** Opening GIVEN INFORMATION block **

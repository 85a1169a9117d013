-- ===== src/Library/Enrich.antt =====
-- internal/index/enrichment.go: what integrations and administrators write. `fold_eq` is
-- strings.EqualFold.
use my_eink_library.Common.{
  ltb, ◌==◌, if◌then◌else◌, Result, ok, err, Text, text_eq, is_empty, trim_space, byte_len, ℕ, Bool,
  true, not, ◌&&◌, ◌||◌, some, List, [], ◌∷◌,
}
use my_eink_library.Library.{Index, IndexError, set_book}
use my_eink_library.Library.Patch.{
  MetadataPatch, current_enrichment_merged, done, is_zero_float, source_chaptarr, source_hardcover,
  source_manual,
}
use my_eink_library.Library.Status.{
  column_chaptarr, column_hardcover, set_provider_status, upsert_enrichment,
}

-- Text that a patch gives, over text that is there.
abbrev pub given_text : Text → Text → Text
given_text new old = if is_empty new then old else new

abbrev pub given_genres : List Text → List Text → List Text
given_genres [] old = old
given_genres (g ∷ gs) old = g ∷ gs

abbrev pub given_pages : ℕ → ℕ → ℕ
given_pages new old = if new == 0 then old else new

abbrev pub given_rating : ℕ → ℕ → ℕ
given_rating new old = if is_zero_float new then old else new

-- The status of the provider itself, for the two that have one.
unfoldable pub set_source_status : ℕ → ℕ → Text → Index → Index
unfolding set_provider_status
set_source_status now id source d =
    if text_eq source source_chaptarr
    then set_provider_status column_chaptarr now id done d
    else if text_eq source source_hardcover
    then set_provider_status column_hardcover now id done d
    else d

module _ (fold_eq : Text → Text → Bool) where
  -- placeholderDescriptionMaxLen is 40, in bytes.
  unfoldable pub description_is_placeholder : Text → Text → Bool
  description_is_placeholder cur title =
      is_empty (trim_space cur)
      || (ltb (byte_len (trim_space cur)) 40 || fold_eq (trim_space cur) (trim_space title))

  -- The series of the patch is another than the current one.
  abbrev pub new_series : MetadataPatch → MetadataPatch → Bool
  new_series cur patch =
      not (is_empty patch.series) && (is_empty cur.series || not (fold_eq cur.series patch.series))

  unfoldable pub merge_provider_metadata : MetadataPatch → MetadataPatch → MetadataPatch
  unfolding description_is_placeholder
  merge_provider_metadata cur patch = record {
    title = given_text patch.title cur.title;
    series = if new_series cur patch then patch.series else cur.series;
    series_index = if new_series cur patch then patch.series_index else cur.series_index;
    published_date =
        if is_empty cur.published_date then patch.published_date else cur.published_date;
    description =
        if not (is_empty patch.description)
          && description_is_placeholder cur.description (given_text patch.title cur.title)
        then patch.description
        else cur.description;
    genres = given_genres patch.genres cur.genres;
    publisher = given_text patch.publisher cur.publisher;
    pages = given_pages patch.pages cur.pages;
    isbn = given_text patch.isbn cur.isbn;
    rating = given_rating patch.rating cur.rating;
  }

  unfoldable pub apply_enrichment :
      ℕ → ℕ → MetadataPatch → Text → Index → Result IndexError (Unit {0}) × Index
  unfolding current_enrichment_merged merge_provider_metadata upsert_enrichment set_source_status
  apply_enrichment now id patch source d = elim (current_enrichment_merged id d) [
    | err e ↦ (err e, d)
    | ok cur ↦ (
      ok tt,
      set_source_status now id source
          (upsert_enrichment now id (merge_provider_metadata cur patch) done source d),
    )
  ]

unfoldable pub merge_manual_metadata : MetadataPatch → MetadataPatch → MetadataPatch
merge_manual_metadata cur patch = record {
  title = given_text patch.title cur.title;
  series = given_text patch.series cur.series;
  series_index = if is_empty patch.series then cur.series_index else patch.series_index;
  published_date = given_text patch.published_date cur.published_date;
  description = given_text patch.description cur.description;
  genres = given_genres patch.genres cur.genres;
  publisher = given_text patch.publisher cur.publisher;
  pages = given_pages patch.pages cur.pages;
  isbn = given_text patch.isbn cur.isbn;
  rating = given_rating patch.rating cur.rating;
}

unfoldable pub save_metadata : ℕ → ℕ → MetadataPatch → Index → Result IndexError (Unit {0}) × Index
unfolding current_enrichment_merged merge_manual_metadata upsert_enrichment
save_metadata now id patch d = elim (current_enrichment_merged id d) [
  | err e ↦ (err e, d)
  | ok cur ↦
      (ok tt, upsert_enrichment now id (merge_manual_metadata cur patch) done source_manual d)
]

unfoldable pub set_cover : ℕ → Text → Index → Index
set_cover id cover_path d =
    set_book id (λ b. record b { cover_path = some cover_path; has_cover = true }) d

unfoldable pub reset_enrichment : Index → Index
reset_enrichment d = record d { book_enrichment = [] }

** Closing GIVEN INFORMATION block **

• [ACTION ITEM] Search the records for the word "unfolding" and copy every line where it occurs.

• [RESULT OF THE EXERCISE]
unfolding set_provider_status
  unfolding description_is_placeholder
  unfolding current_enrichment_merged merge_provider_metadata upsert_enrichment set_source_status
unfolding current_enrichment_merged merge_manual_metadata upsert_enrichment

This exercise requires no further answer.